Scan the entries and state how many lines contain "Base". Write no other text.

● MATERIAL PROVIDED:
-=-=-
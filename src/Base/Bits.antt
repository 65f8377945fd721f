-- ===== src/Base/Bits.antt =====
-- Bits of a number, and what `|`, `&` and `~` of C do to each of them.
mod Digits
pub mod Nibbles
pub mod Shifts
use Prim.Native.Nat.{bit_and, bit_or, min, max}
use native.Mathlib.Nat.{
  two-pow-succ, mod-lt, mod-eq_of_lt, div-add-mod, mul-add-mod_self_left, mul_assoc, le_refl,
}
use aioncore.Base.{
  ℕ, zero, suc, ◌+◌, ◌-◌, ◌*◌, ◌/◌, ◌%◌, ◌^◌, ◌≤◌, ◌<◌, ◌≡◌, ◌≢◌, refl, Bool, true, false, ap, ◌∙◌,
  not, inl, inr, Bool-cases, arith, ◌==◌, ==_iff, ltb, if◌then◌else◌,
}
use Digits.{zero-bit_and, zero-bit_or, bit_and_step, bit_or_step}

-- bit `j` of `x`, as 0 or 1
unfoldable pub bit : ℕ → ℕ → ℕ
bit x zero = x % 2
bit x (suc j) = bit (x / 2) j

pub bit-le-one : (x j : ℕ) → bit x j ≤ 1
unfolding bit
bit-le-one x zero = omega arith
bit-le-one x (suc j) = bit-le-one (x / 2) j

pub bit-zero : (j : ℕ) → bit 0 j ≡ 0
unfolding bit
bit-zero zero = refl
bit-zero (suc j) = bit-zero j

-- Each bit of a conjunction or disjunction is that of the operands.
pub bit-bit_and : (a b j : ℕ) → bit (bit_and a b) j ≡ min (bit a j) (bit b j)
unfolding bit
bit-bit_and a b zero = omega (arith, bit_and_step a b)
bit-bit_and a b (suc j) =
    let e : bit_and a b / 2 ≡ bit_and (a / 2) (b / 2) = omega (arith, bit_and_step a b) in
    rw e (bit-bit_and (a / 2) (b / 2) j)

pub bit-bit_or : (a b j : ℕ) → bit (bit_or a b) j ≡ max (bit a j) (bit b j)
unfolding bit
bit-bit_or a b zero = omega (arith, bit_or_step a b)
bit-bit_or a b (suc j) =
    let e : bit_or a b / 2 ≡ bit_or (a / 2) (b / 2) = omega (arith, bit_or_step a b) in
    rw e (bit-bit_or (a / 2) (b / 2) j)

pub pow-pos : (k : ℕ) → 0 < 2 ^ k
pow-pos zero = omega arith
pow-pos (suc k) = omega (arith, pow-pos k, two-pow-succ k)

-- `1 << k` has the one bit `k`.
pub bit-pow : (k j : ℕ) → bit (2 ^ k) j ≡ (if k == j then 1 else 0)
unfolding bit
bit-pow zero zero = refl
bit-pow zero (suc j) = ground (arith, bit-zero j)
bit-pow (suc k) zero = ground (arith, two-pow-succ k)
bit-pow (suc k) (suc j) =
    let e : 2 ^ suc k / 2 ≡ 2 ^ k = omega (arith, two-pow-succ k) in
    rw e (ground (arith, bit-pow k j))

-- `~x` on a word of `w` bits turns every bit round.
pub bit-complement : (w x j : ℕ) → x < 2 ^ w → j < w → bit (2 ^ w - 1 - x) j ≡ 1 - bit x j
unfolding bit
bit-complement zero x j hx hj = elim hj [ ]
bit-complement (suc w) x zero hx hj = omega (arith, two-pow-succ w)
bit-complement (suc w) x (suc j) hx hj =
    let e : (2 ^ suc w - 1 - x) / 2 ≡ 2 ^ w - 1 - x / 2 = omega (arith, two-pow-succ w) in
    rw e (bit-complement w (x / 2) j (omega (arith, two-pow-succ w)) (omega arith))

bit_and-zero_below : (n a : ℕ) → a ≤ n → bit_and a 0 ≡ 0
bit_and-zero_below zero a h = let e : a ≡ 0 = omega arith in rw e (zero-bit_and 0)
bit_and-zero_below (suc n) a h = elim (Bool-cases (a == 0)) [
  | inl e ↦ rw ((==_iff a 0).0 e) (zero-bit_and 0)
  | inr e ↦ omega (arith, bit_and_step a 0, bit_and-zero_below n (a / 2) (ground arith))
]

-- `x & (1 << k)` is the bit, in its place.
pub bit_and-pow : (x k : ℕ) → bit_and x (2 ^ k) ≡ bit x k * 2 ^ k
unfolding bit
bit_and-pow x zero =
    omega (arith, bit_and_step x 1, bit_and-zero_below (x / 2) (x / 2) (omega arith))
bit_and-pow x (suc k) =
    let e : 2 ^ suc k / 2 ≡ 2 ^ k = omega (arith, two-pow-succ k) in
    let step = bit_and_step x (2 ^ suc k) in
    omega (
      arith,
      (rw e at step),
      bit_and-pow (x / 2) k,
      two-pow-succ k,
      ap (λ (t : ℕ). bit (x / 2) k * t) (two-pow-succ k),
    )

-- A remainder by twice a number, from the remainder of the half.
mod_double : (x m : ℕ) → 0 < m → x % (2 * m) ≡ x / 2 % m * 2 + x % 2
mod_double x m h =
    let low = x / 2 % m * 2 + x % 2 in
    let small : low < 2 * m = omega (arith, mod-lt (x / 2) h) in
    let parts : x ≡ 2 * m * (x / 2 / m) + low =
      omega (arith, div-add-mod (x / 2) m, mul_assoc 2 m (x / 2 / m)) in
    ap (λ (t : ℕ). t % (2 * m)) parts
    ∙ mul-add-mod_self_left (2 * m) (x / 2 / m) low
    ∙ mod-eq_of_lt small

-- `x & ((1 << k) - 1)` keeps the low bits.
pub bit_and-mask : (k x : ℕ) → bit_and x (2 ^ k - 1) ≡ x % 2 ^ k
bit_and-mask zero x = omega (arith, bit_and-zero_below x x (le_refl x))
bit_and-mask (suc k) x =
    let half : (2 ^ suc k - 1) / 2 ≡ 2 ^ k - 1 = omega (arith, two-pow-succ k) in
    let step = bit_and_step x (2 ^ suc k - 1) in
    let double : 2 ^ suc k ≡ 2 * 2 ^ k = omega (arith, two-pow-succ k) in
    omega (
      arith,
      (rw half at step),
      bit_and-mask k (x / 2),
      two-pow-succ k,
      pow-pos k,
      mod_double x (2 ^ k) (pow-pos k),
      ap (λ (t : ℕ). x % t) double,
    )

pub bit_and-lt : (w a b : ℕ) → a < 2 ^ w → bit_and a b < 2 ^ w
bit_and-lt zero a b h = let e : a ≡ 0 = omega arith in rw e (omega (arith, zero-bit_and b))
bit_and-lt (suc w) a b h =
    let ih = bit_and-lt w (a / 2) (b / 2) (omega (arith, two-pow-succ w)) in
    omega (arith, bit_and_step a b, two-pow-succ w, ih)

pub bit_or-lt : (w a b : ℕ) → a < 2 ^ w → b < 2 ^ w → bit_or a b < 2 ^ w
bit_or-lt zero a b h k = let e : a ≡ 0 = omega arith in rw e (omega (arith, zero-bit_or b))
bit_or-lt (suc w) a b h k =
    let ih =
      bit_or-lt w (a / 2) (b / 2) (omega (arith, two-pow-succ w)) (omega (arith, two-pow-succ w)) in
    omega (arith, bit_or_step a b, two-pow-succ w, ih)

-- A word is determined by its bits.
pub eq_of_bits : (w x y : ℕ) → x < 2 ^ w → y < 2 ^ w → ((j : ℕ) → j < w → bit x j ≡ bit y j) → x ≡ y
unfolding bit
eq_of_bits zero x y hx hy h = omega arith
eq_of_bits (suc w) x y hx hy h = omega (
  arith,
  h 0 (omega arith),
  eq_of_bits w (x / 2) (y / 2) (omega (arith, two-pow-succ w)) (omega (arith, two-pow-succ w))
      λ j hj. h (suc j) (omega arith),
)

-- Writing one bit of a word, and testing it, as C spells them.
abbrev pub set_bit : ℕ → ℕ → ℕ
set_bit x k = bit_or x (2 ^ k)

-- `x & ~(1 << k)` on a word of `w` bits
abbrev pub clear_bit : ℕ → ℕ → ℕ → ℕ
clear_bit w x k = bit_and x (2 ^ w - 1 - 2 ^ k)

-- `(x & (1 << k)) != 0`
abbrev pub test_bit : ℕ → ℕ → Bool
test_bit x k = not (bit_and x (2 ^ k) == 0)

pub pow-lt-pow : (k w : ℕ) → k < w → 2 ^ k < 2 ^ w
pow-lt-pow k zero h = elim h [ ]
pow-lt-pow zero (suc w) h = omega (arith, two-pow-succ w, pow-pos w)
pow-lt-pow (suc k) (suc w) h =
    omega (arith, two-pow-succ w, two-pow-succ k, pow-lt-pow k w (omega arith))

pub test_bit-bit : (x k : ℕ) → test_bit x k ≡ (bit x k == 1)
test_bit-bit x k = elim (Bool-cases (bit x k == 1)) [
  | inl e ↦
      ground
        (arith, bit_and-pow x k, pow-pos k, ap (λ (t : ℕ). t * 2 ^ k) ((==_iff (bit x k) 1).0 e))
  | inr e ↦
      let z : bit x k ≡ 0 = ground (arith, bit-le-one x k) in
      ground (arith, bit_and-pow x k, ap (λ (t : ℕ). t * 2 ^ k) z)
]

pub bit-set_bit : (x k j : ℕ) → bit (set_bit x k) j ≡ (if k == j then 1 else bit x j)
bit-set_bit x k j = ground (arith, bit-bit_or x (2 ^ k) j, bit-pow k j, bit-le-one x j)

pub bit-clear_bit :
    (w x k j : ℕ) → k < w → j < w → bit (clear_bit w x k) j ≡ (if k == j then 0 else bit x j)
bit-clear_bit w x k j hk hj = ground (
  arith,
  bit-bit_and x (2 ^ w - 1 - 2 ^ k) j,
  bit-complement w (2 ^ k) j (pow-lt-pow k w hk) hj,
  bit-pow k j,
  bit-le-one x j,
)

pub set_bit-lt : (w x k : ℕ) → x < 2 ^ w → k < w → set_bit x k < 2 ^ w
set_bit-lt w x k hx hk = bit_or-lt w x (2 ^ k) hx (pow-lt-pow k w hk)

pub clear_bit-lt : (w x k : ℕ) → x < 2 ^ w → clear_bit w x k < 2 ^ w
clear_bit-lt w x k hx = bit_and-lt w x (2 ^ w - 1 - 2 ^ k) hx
-=-=-
● TASK SOLUTION:
3